I RITIRI – “Per me particolarmente sono stati sempre sofferenza. Si andava via lasciando la famiglia al mare, si lavorava sotto un caldo infermale. Ma erano momenti felici, si ripartiva, ci si ritrovava con gli amici e i compagni. Con mister Mazzone poi era un conto, con mister Zeman un altro. Io ho iniziato negli anni ’90 i ritiri veri, le metodologie cambiavano da mister a mister. Mazzone puntava sulla corsa lunga, con Zeman era un lavoro più duro ma te lo ritrovavi. Io ero curioso,  Gigi Di Biagio era figlio di Zeman e me ne parlava sempre con grande intensità. Io il primo anno con lui il ritiro l’ho fatto da fuori rosa a Trigoria, ma il lavoro era molto tosto, duro, sul breve ma un lavoro che ti asciugava. Il secondo anno ho fatto finalmente la preparazione con lui, era meglio non vederla, ti prendeva lo sconforto totale in seduta. Ho visto giocatori perdere 10 kg nel giro di venti giorni, poi in campo però andavi senza problemi. Ricordo un Roma – Fiorentina ribaltata negli ultimi minuti nonostante fossimo rimasti in 9. Potevi giocare fino al 120′ “.

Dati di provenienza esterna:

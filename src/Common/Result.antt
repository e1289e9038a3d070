-- ===== src/Common/Result.antt =====
-- Fallible results. `Error` is the part of Go's `error` that the program builds:
-- internal/errors/errors.go.
use mathlib.Core.Path.{◌≡◌, refl}
use mathlib.Core.Option.{Option, none, some}
use Prim.Native.Nat.{ℕ}
use Prim.Native.String.{String}
use enimul.Common.Tests.{Bytes}

-- `msg` is `errors.New`, `op_error` the struct of the same name, `external` an error that a
-- package outside the repository returned.
pub data Error : Type 0 where
  msg : String → Error
  msg_with : String → Bytes → Error
  op_error : String → Error → Error
  external : ℕ → Error

-- `WithStr`: nil stays nil.
unfoldable pub with_str : String → Option Error → Option Error
with_str op none = none
with_str op (some e) = some (op_error op e)

-- A Go pair of a value and an error, of which one is nil.
pub data Result {ℓ} (A : Type ℓ) : Type ℓ where
  err : Error → Result A
  ok : A → Result A

pub ok_injective {ℓ} : {A : Type ℓ} {x y : A} → ok x ≡ ok y → x ≡ y
ok_injective h = cc

-- `if err != nil { return err }`
infixl 5 ◌>>=◌
abbrev pub ◌>>=◌ {ℓ κ} : {A : Type ℓ} {C : Type κ} → Result A → (A → Result C) → Result C
err failure >>= next = err failure
ok value >>= next = next value

-- What is known of the two steps where both returned a value.
pub >>=-eq-ok {ℓ κ} :
    {A : Type ℓ} {C : Type κ} (first : Result A) (next : A → Result C) {c : C}
    → (first >>= next) ≡ ok c
    → (x : A) × (first ≡ ok x) × (next x ≡ ok c)
>>=-eq-ok (err failure) next h = cc
>>=-eq-ok (ok value) next h = (value, refl, h)
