-- ===== src/Breaker/Invariant.antt =====
-- What holds of a breaker between two calls, as long as nobody resets it under a probe.
use asoe.Prelude.{ℕ, ◌≡◌, true, List, [], ◌∷◌, arith, is_some}
use asoe.Breaker.{
  Breaker, opened, half_open, new_breaker, acquire, record_success, record_failure, snapshot,
}

pub record IsSound (b : Breaker) : Type 0 where
  pub opened_stamped : b.state ≡ opened → is_some b.opened_at ≡ true
  pub probe_half_open : b.probe_in_flight ≡ true → b.state ≡ half_open

pub new_breaker-IsSound : (rate p95 cool : ℕ) → IsSound (new_breaker rate p95 cool)
unfolding new_breaker
new_breaker-IsSound rate p95 cool = ground arith

pub acquire-IsSound : (now : ℕ) (b : Breaker) → IsSound b → IsSound (acquire now b).0
unfolding acquire
acquire-IsSound now b h = ground arith

pub record_success-IsSound :
    (stamp now later latency : ℕ) (b : Breaker)
    → IsSound b
    → IsSound (record_success stamp now later latency b)
unfolding record_success
record_success-IsSound stamp now later latency b h = ground arith

pub record_failure-IsSound :
    (stamp now later latency : ℕ) (b : Breaker)
    → IsSound b
    → IsSound (record_failure stamp now later latency b)
unfolding record_failure
record_failure-IsSound stamp now later latency b h = ground arith

pub snapshot-IsSound : (now later : ℕ) (b : Breaker) → IsSound b → IsSound (snapshot now later b).0
unfolding snapshot
snapshot-IsSound now later b h = ground arith

-- The calls of the router and of the gateway executor, with their readings of the clock.
pub data Call : Type 0 where
  acquire_call : ℕ → Call
  success_call failure_call : (stamp now later latency : ℕ) → Call
  snapshot_call : (now later : ℕ) → Call

pub run_call : Call → Breaker → Breaker
run_call (acquire_call now) b = (acquire now b).0
run_call (success_call stamp now later latency) b = record_success stamp now later latency b
run_call (failure_call stamp now later latency) b = record_failure stamp now later latency b
run_call (snapshot_call now later) b = (snapshot now later b).0

pub run_calls : List Call → Breaker → Breaker
unfolding run_call
run_calls [] b = b
run_calls (c ∷ cs) b = run_calls cs (run_call c b)

run_call-IsSound : (c : Call) (b : Breaker) → IsSound b → IsSound (run_call c b)
unfolding run_call
run_call-IsSound (acquire_call now) b h = acquire-IsSound now b h
run_call-IsSound (success_call s n l d) b h = record_success-IsSound s n l d b h
run_call-IsSound (failure_call s n l d) b h = record_failure-IsSound s n l d b h
run_call-IsSound (snapshot_call now later) b h = snapshot-IsSound now later b h

-- Whatever calls of acquire, record_success, record_failure and snapshot are made of a sound breaker,
-- in any order and at any readings of the clock, it stays sound: an open breaker has the time at which it opened, and a probe is in flight only
-- while it is half open.
pub run_calls-IsSound : (cs : List Call) (b : Breaker) → IsSound b → IsSound (run_calls cs b)
unfolding run_calls
run_calls-IsSound [] b h = h
run_calls-IsSound (c ∷ cs) b h = run_calls-IsSound cs (run_call c b) (run_call-IsSound c b h)
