-- ===== src/Breaker/Window.antt =====
-- The sliding window of a breaker: eviction, the sorted latencies, and the rank of the percentile.
use mathlib.Core.List.{Perm}
use mathlib.Core.List.Perm
use asoe.Prelude.{
  ℕ, suc, ◌+◌, ◌-◌, ◌*◌, ◌≤◌, ◌<◌, ◌≡◌, refl, ap, ◌∙◌, Bool, List, [], ◌∷◌, arith, inl, inr,
  Bool-cases, leb, length, keep_if, All, round_half_even,
}
use asoe.Breaker.{CallRecord, evict, sorted, insert_sorted, window_ms}

-- The samples that a reading of the clock keeps.
abbrev pub in_window : ℕ → CallRecord → Bool
in_window now r = leb now (r.timestamp + window_ms)

-- Appended in the order of the clock.
abbrev pub IsChronological : List CallRecord → Type 0
IsChronological [] = Unit
IsChronological (r ∷ rs) = All (λ s. r.timestamp ≤ s.timestamp) rs × IsChronological rs

keep_if_later :
    (now stamp : ℕ) (rs : List CallRecord)
    → now ≤ stamp + window_ms
    → All (λ s. stamp ≤ s.timestamp) rs
    → keep_if (in_window now) rs ≡ rs
keep_if_later now stamp [] h later = refl
keep_if_later now stamp (r ∷ rs) h later = ground (arith, keep_if_later now stamp rs h later.1)

-- On samples in chronological order, dropping from the front keeps exactly the samples of the
-- last sixty seconds.
pub evict-eq-keep_if :
    (now : ℕ) (rs : List CallRecord)
    → IsChronological rs
    → evict now rs ≡ keep_if (in_window now) rs
unfolding evict
evict-eq-keep_if now [] h = refl
evict-eq-keep_if now (r ∷ rs) h =
    ground (arith, evict-eq-keep_if now rs h.1, keep_if_later now r.timestamp rs)

insert_sorted-perm : (x : ℕ) (ys : List ℕ) → Perm (insert_sorted x ys) (x ∷ ys)
unfolding insert_sorted
insert_sorted-perm x [] = Perm.refl (x ∷ [])
insert_sorted-perm x (y ∷ ys) = elim (Bool-cases (leb x y)) [
  | inl first ↦ rw first (Perm.refl (x ∷ y ∷ ys))
  | inr later ↦ rw later (Perm.trans (Perm.cons y (insert_sorted-perm x ys)) (Perm.swap x y ys))
]

pub sorted-perm : (xs : List ℕ) → Perm (sorted xs) xs
unfolding sorted
sorted-perm [] = Perm.refl []
sorted-perm (x ∷ xs) = Perm.trans (insert_sorted-perm x (sorted xs)) (Perm.cons x (sorted-perm xs))

length-insert_sorted : (x : ℕ) (ys : List ℕ) → length (insert_sorted x ys) ≡ suc (length ys)
unfolding insert_sorted
length-insert_sorted x [] = refl
length-insert_sorted x (y ∷ ys) = ground (arith, length-insert_sorted x ys)

pub length-sorted : (xs : List ℕ) → length (sorted xs) ≡ length xs
unfolding sorted
length-sorted [] = refl
length-sorted (x ∷ xs) = length-insert_sorted x (sorted xs) ∙ ap suc (length-sorted xs)

-- The rank of the 95th percentile is an index of the samples, so the read is in bounds.
pub percentile_rank-lt : (n : ℕ) → 0 < n → round_half_even (95 * (n - 1)) 100 < n
unfolding round_half_even
percentile_rank-lt n h = ground arith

SU TOTTI – “Francesco manca a tutti, ho passato anni indimenticabili con lui. Quando ho visto la partita d’addio, durante la sua lettera, ho iniziato a piangere con i miei figli. L’ho visto crescere da bambino, aveva 16 anni quando ci siamo conosciuti. Ho conosciuto la sua splendida famiglia, avevamo un ottimo rapporto. Lo accompagnavo al campo di allenamento perché vivevamo vicino. Non ho mai visto nulla come il suo addio, una giornata toccante. Lui è stato differente da tutti, non ne vedremo più come lui. Al di là del valore del calciatore, Francesco Totti resta il giocatore italiano più forte di sempre. Poteva fare qualsiasi cosa avesse voluto, è rimasto qui perché vero tifoso della Roma. Lo ha sempre dimostrato con i fatti”.

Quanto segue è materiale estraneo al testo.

-- ===== src/Breaker/Percentile.antt =====
-- The latency that `snapshot` and the trip read out of the sorted window: it is at a threshold exactly
-- when few enough samples are below it.
use asoe.Prelude.{
  ℕ, zero, suc, ◌-◌, ◌*◌, ◌≤◌, ◌<◌, ◌≡◌, ◌↔◌, refl, ◌∙◌, ap, List, [], ◌∷◌, arith, ltb, map, length,
  get_or, count_if, All, round_half_even, if◌then◌else◌,
}
use asoe.Prelude.Assoc.{All-mono}
use asoe.Breaker.{Breaker, CallRecord, sorted, insert_sorted, stats}
use asoe.Breaker.Window.{length-sorted, percentile_rank-lt}

abbrev IsAscending : List ℕ → Type 0
IsAscending [] = Unit
IsAscending (x ∷ xs) = All (λ y. x ≤ y) xs × IsAscending xs

abbrev below : ℕ → List ℕ → ℕ
below t = count_if (λ x. ltb x t)

insert_sorted-All :
    (t x : ℕ) (ys : List ℕ) → t ≤ x → All (λ y. t ≤ y) ys → All (λ y. t ≤ y) (insert_sorted x ys)
unfolding insert_sorted
insert_sorted-All t x [] h a = (h, tt)
insert_sorted-All t x (y ∷ ys) h a = ground (arith, insert_sorted-All t x ys)

All-trans : (x y : ℕ) (ys : List ℕ) → x ≤ y → All (λ z. y ≤ z) ys → All (λ z. x ≤ z) ys
All-trans x y ys h a = All-mono (λ z. y ≤ z) (λ z. x ≤ z) ys (λ z g. omega arith) a

insert_sorted-IsAscending :
    (x : ℕ) (ys : List ℕ) → IsAscending ys → IsAscending (insert_sorted x ys)
unfolding insert_sorted
insert_sorted-IsAscending x [] a = (tt, tt)
insert_sorted-IsAscending x (y ∷ ys) a =
    ground (arith, a, All-trans x y ys, insert_sorted-All y x ys, insert_sorted-IsAscending x ys)

sorted-IsAscending : (xs : List ℕ) → IsAscending (sorted xs)
unfolding sorted
sorted-IsAscending [] = tt
sorted-IsAscending (x ∷ xs) = insert_sorted-IsAscending x (sorted xs) (sorted-IsAscending xs)

below-insert_sorted : (t x : ℕ) (ys : List ℕ) → below t (insert_sorted x ys) ≡ below t (x ∷ ys)
unfolding insert_sorted
below-insert_sorted t x [] = refl
below-insert_sorted t x (y ∷ ys) = ground (arith, below-insert_sorted t x ys)

below-sorted : (t : ℕ) (xs : List ℕ) → below t (sorted xs) ≡ below t xs
unfolding sorted
below-sorted t [] = refl
below-sorted t (x ∷ xs) =
    below-insert_sorted t x (sorted xs)
    ∙ ap (λ (n : ℕ). if ltb x t then suc n else n) (below-sorted t xs)

below-durations :
    (t : ℕ) (rs : List CallRecord)
    → below t (map (λ r. r.duration) rs) ≡ count_if (λ r. ltb r.duration t) rs
below-durations t [] = refl
below-durations t (r ∷ rs) = ground (arith, below-durations t rs)

below_none : (t : ℕ) (xs : List ℕ) → All (λ x. t ≤ x) xs → below t xs ≡ 0
below_none t [] a = refl
below_none t (x ∷ xs) a = ground (arith, below_none t xs a.1)

get_or_iff :
    (t k : ℕ) (xs : List ℕ)
    → IsAscending xs
    → k < length xs
    → (t ≤ get_or xs k 0) ↔ (below t xs ≤ k)
get_or_iff t k [] a h = absurd (omega arith)
get_or_iff t zero (x ∷ xs) a h = ground (arith, All-trans t x xs, below_none t xs)
get_or_iff t (suc k) (x ∷ xs) a h =
    ground (arith, All-trans t x xs, below_none t xs, get_or_iff t k xs a.1)

length-durations : (rs : List CallRecord) → length (map (λ r. r.duration) rs) ≡ length rs
length-durations [] = refl
length-durations (r ∷ rs) = ap suc (length-durations rs)

pub p95_iff :
    (b : Breaker) (t : ℕ)
    → 0 < length b.records
    → (t ≤ (stats b).2) ↔ (
        count_if (λ r. ltb r.duration t) b.records
        ≤ round_half_even (95 * (length b.records - 1)) 100)
unfolding stats
p95_iff b t h =
    let xs = map (λ r. r.duration) b.records in
    let k = round_half_even (95 * (length b.records - 1)) 100 in
    let rank : k < length b.records = percentile_rank-lt (length b.records) h in
    let size : length (sorted xs) ≡ length b.records =
      length-sorted xs ∙ length-durations b.records in
    let counted = below-sorted t xs ∙ below-durations t b.records in
    rw counted at (get_or_iff t k (sorted xs) (sorted-IsAscending xs) (omega arith))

PRESENTE – “Ora sto allenando, sto facendo esperienza, partendo dalla gavetta. Come mestiere è difficile, devi stare sempre connesso e concentrato. Devi entrare nella testa di tutti i calciatori, soprattutto in quelli che giocano meno che poi alla fine sono coloro che fanno la differenza. Dopo l’addio ho staccato mentalmente e fisicamente dal calcio giocato, anche perché fisicamente è diventato difficile – ride, ndr –. Mi è bastato veder calciare gli altri, i grandi campioni con cui ho avuto la fortuna di giocare: Baggio, Guardiola, Totti su tutti. Non amo il calcio di oggi. La storia di Donnarumma è emblematica, non mi è piaciuta, è stata una vicenda strana nel nome del denaro. Sicuramente è stato consigliato male, ma ha creato imbarazzo a una società importante e storica come il Milan. Io sono stato tifoso della Roma fin da bambino, la Curva e lo stadio mi davano emozioni incredibili, nel momento del rinnovo di contratto non ho mai avuto dubbi, non c’è mai stata trattativa. Stringevo la mano al presidente Sensi e per me finiva là. Oggi questo non è più possibile”.